WHAT TO PRODUCE →
In the material below, the lines from the one containing "pub created_at : DateTime" through the one containing "pub record UserInput : Type 0 where" are to be given again exactly, ends included, and no others.

PROVIDED MATERIAL →
__________________________________________________

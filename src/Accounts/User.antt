-- ===== src/Accounts/User.antt =====
-- user.py. The digits of a telephone number are those of the table `digit`.
pub mod Owners
use venue_backend.Common.{
  ℕ, String, Bool, true, false, not, ◌&&◌, Option, none, some, List, [], ◌∷◌, ◌++◌, is_some,
  if◌then◌else◌,
}
use venue_backend.Shared.Result.{
  plain, FieldError, failure_many, Result, success, failed, field_errors,
}
use venue_backend.Shared.Time.{DateTime}
use venue_backend.Shared.Text.{is_blank}
use venue_backend.Shared.Values.{Raw}
use venue_backend.Shared.Names.{
  create_email, create_name, create_slug, create_if_not_empty, option_of,
}
use venue_backend.Shared.Phone.{BrazilianPhone, create_phone}
use venue_backend.Bookings.{Role, admin, owner, customer}

pub record User : Type 0 where
  pub id : ℕ
  pub email : String
  pub password_hash : String
  pub role : Role
  pub full_name : String
  pub phone : Option BrazilianPhone
  pub is_active : Bool
  pub public_slug : Option String
  pub created_at : DateTime
  pub updated_at : DateTime

-- `role is Role.OWNER`
abbrev pub is_owner : Role → Bool
is_owner owner = true
is_owner _ = false

-- `Role.is_self_registerable`
abbrev pub is_self_registerable : Role → Bool
is_self_registerable owner = true
is_self_registerable customer = true
is_self_registerable admin = false

-- The arguments of `User.create`.
pub record UserInput : Type 0 where
  pub email : Raw
  pub password_hash : String
  pub role : Role
  pub full_name : Raw
  pub phone : Raw
  pub public_slug : Option Raw

abbrev pub optional_slug : Option Raw → Result (Option String)
optional_slug none = success none
optional_slug (some raw) = option_of (create_slug raw)

abbrev pub user_error : String → String → List FieldError
user_error code field = record { code = code; field = plain field } ∷ []

-- `OWNER` if and only if there is a slug.
abbrev pub role_errors : Role → Option Raw → List FieldError
role_errors role slug =
    if is_owner role && not (is_some slug)
    then user_error "PublicSlugRequiredForOwner" "public_slug"
    else if not (is_owner role) && is_some slug
    then user_error "PublicSlugForbiddenForNonOwner" "public_slug"
    else []

abbrev pub user_errors :
    UserInput
    → Result String
    → Result String
    → Result (Option BrazilianPhone)
    → Result (Option String)
    → List FieldError
user_errors i email name phone slug =
    field_errors (plain "email") email
    ++ (field_errors (plain "full_name") name
        ++ ((if is_blank i.password_hash
              then user_error "PasswordHashCannotBeEmpty" "password_hash"
              else [])
            ++ (field_errors (plain "phone") phone
                ++ (field_errors (plain "public_slug") slug ++ role_errors i.role i.public_slug))))

-- The aggregate where there is no error; the errors of a value that failed are never empty.
abbrev pub enrol :
    ℕ
    → DateTime
    → UserInput
    → List FieldError
    → Result String
    → Result String
    → Result (Option BrazilianPhone)
    → Result (Option String)
    → Result User
enrol id now i [] (success email) (success name) (success phone) (success slug) = success (record {
  id = id;
  email = email;
  password_hash = i.password_hash;
  role = i.role;
  full_name = name;
  phone = phone;
  is_active = true;
  public_slug = slug;
  created_at = now;
  updated_at = now;
})
enrol id now i errors _ _ _ _ = failed (failure_many errors none)

-- `User.create`; `id` and `now` are what `uuid4()` and the clock give.
unfoldable pub create_user : (ℕ → Option ℕ) → ℕ → DateTime → UserInput → Result User
create_user digit id now i =
    let email = create_email i.email in
    let name = create_name i.full_name in
    let phone = create_if_not_empty (create_phone digit) i.phone in
    let slug = optional_slug i.public_slug in
    enrol id now i (user_errors i email name phone slug) email name phone slug

unfoldable pub change_password_hash : User → String → DateTime → User
change_password_hash u new_hash now = record u { password_hash = new_hash; updated_at = now }

unfoldable pub set_role : User → Role → DateTime → User
set_role u new_role now = record u { role = new_role; updated_at = now }

-- `User.deactivate` and `User.activate`
unfoldable pub deactivate_user : User → DateTime → User
deactivate_user u now = record u { is_active = false; updated_at = now }

unfoldable pub activate_user : User → DateTime → User
activate_user u now = record u { is_active = true; updated_at = now }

__________________________________________________

EXPECTED ANSWER →
  pub created_at : DateTime
  pub updated_at : DateTime

-- `role is Role.OWNER`
abbrev pub is_owner : Role → Bool
is_owner owner = true
is_owner _ = false

-- `Role.is_self_registerable`
abbrev pub is_self_registerable : Role → Bool
is_self_registerable owner = true
is_self_registerable customer = true
is_self_registerable admin = false

-- The arguments of `User.create`.
pub record UserInput : Type 0 where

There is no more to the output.